Required action: Write out, from the entries below, exactly the lines that run between the lines holding "-- Over any" and "((run l ms).0", inclusive, and stop there.

(Stored items)
[Start of section]

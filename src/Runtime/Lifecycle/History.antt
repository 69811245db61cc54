-- ===== src/Runtime/Lifecycle/History.antt =====
-- What holds of a lifecycle over every sequence of transitions.
use littleorgans.Base.{
  ℕ, suc, ◌+◌, ◌≤◌, ◌≡◌, refl, Bool, true, false, List, [], ◌∷◌, arith, if◌then◌else◌, Option, none,
  some,
}
use littleorgans.Runtime.Lifecycle.{
  Lifecycle, LifecycleState, RuntimeExit, LostEvidence, ShimReady, is_ended, is_forking,
  mark_running, mark_exited, mark_lost,
}

-- One call of a transition.
pub data Mark : Type 0 where
  mark_run : ShimReady → Mark
  mark_exit : RuntimeExit → Mark
  mark_loss : LostEvidence → Mark

pub mark : Lifecycle → Mark → Lifecycle × Bool
unfolding mark_running mark_exited mark_lost
mark l (mark_run ready) = mark_running l ready
mark l (mark_exit exit) = mark_exited l exit
mark l (mark_loss evidence) = mark_lost l evidence

abbrev is_terminal_mark : Mark → Bool
is_terminal_mark (mark_run _) = false
is_terminal_mark _ = true

-- A sequence of calls: the last record, how many calls that end a lifecycle returned true, and
-- how many that start one did.
pub run : Lifecycle → List Mark → Lifecycle × ℕ × ℕ
run l [] = (l, 0, 0)
run l (m ∷ ms) =
    let (l', done) = mark l m in
    let (last, ends, starts) = run l' ms in
    (
      last,
      if done then (if is_terminal_mark m then suc ends else ends) else ends,
      if done then (if is_terminal_mark m then starts else suc starts) else starts,
    )

-- How often a lifecycle in this state may still report an end, and a start.
abbrev pub ends_left : LifecycleState → ℕ
ends_left s = if is_ended s then 0 else 1

abbrev pub starts_left : LifecycleState → ℕ
starts_left s = if is_forking s then 1 else 0

-- Over any sequence of transitions the calls that report an end are counted exactly by the states:
-- one if the lifecycle went from not ended to ended, none otherwise, so an end is reported once at
-- most; and a start is reported at most once, from `forking` alone.
pub run_reports :
    (l : Lifecycle) (ms : List Mark)
    → ((run l ms).1 + ends_left (run l ms).0.state ≡ ends_left l.state)
      × ((run l ms).2 + starts_left (run l ms).0.state ≤ starts_left l.state)
unfolding run mark
run_reports l [] = (omega arith, omega arith)
run_reports l (m ∷ ms) = ground (arith, run_reports (mark l m).0 ms)

-- The end of a lifecycle, with its evidence where it was lost.
abbrev pub end_of : LifecycleState → Option (Option LostEvidence)
end_of (LifecycleState.exited _) = some none
end_of (LifecycleState.lost evidence) = some (some evidence)
end_of _ = none

-- No sequence of transitions changes an ended lifecycle but in the exit of an exited one: a lost one
-- stays lost with its evidence, an exited one stays exited, and every other field is as it was.
pub run_absorbs :
    (l : Lifecycle) (ms : List Mark)
    → is_ended l.state ≡ true
    → (end_of (run l ms).0.state ≡ end_of l.state)
      × ((run l ms).0 ≡ record l { state = (run l ms).0.state })
unfolding run mark
run_absorbs l [] h = (refl, refl)
run_absorbs l (m ∷ ms) h = ground (arith, run_absorbs (mark l m).0 ms)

[End of section]

Expected answer:
-- Over any sequence of transitions the calls that report an end are counted exactly by the states:
-- one if the lifecycle went from not ended to ended, none otherwise, so an end is reported once at
-- most; and a start is reported at most once, from `forking` alone.
pub run_reports :
    (l : Lifecycle) (ms : List Mark)
    → ((run l ms).1 + ends_left (run l ms).0.state ≡ ends_left l.state)
      × ((run l ms).2 + starts_left (run l ms).0.state ≤ starts_left l.state)
unfolding run mark
run_reports l [] = (omega arith, omega arith)
run_reports l (m ∷ ms) = ground (arith, run_reports (mark l m).0 ms)

-- The end of a lifecycle, with its evidence where it was lost.
abbrev pub end_of : LifecycleState → Option (Option LostEvidence)
end_of (LifecycleState.exited _) = some none
end_of (LifecycleState.lost evidence) = some (some evidence)
end_of _ = none

-- No sequence of transitions changes an ended lifecycle but in the exit of an exited one: a lost one
-- stays lost with its evidence, an exited one stays exited, and every other field is as it was.
pub run_absorbs :
    (l : Lifecycle) (ms : List Mark)
    → is_ended l.state ≡ true
    → (end_of (run l ms).0.state ≡ end_of l.state)
      × ((run l ms).0 ≡ record l { state = (run l ms).0.state })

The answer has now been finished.